The girls points out the tower through the glass window, the other hand playing with the locket around her neck.

Chanda’s sister-in-law turns around but, on seeing that a customer is approaching the shop, quickly tells the girl to go to the fruit section. A whirlwind of plaits and scarves and balloons with Freedom for Kashmir printed on them, her daughters come down from upstairs, ready for the mosque.

She serves the customers, keeping an eye on the girl with the locket, and when the shop is empty again after five minutes she goes over to her, beside the basket of strawberries, a hairy leaf sticking out of the brilliant baubles here and there.
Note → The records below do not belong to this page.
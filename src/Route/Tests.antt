-- ===== src/Route/Tests.antt =====
-- Each theorem of the route resolution at a concrete input.
use kraken_d_operator.Base.{[], ◌∷◌, ◌++◌, ◌≡◌, All}
use kraken_d_operator.Base.Texts.{codes}
use kraken_d_operator.Route.Entries.{EntryConflict, serving_order}
use kraken_d_operator.Route.Admission.{route_losers}
use kraken_d_operator.Route.Admission.Served.{Holds, route_losers-Holds}
use kraken_d_operator.Route.Admission.Bounds.{IsBounded, route_losers-IsBounded}
use kraken_d_operator.Route.Admission.Justified.{Placed}
use kraken_d_operator.Route.Admission.Blamed.{route_losers-Blamed}
use kraken_d_operator.Route.Drop.{Conflicts, drop_route_losers}
use kraken_d_operator.Route.Drop.Reported.{IsReported, AllAccounted, drop_route_losers-IsAccounted}
use kraken_d_operator.Route.Examples.{first_comer, named, entries, rules}

route_losers-Holds_example : Holds first_comer (route_losers first_comer entries [] rules)
route_losers-Holds_example = route_losers-Holds first_comer entries [] rules

route_losers-IsBounded_example : IsBounded first_comer (route_losers first_comer entries [] rules)
route_losers-IsBounded_example = route_losers-IsBounded first_comer entries [] rules

route_losers-Blamed_example :
    All
      (λ l. Placed first_comer rules [] (serving_order (entries ++ [])) l.0 l.1)
      (route_losers first_comer entries [] rules).losers
route_losers-Blamed_example = route_losers-Blamed first_comer entries [] rules

-- a conflict that "young" lost before
abbrev lost_before : EntryConflict
lost_before = record {
  endpoint = codes "/v1/orders";
  method = codes "GET";
  winner = named "old";
  detail = [];
}

abbrev before : Conflicts
before = (named "young", lost_before ∷ []) ∷ []

drop_route_losers-IsAccounted_example :
    AllAccounted 0 entries (route_losers first_comer entries [] rules).losers (
      (drop_route_losers first_comer entries [] before rules).kept,
      (drop_route_losers first_comer entries [] before rules).conflicted,
    )
    × All
        (λ c.
          IsReported
            (λ x. x ≡ c)
            (named "young")
            (drop_route_losers first_comer entries [] before rules).conflicted)
        (lost_before ∷ [])
drop_route_losers-IsAccounted_example =
    drop_route_losers-IsAccounted first_comer entries [] before rules (named "young")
“You should not have left your country,” she says to the girl, who raises her eyes briefly at her, chewing the corner of her mouth, but doesn’t say anything. “Don’t you miss it?”

The girl stops what she’s doing, all life gone from her hands which she rests on the fruit, and then decides to speak her mind. “I shouldn’t have left?” she says angrily. “You lot who have legal status in a rich country don’t know how lucky you are!”

Chanda’s sister-in-law is taken aback. “I am sorry, I just wondered whether you wanted to go back after making some money.”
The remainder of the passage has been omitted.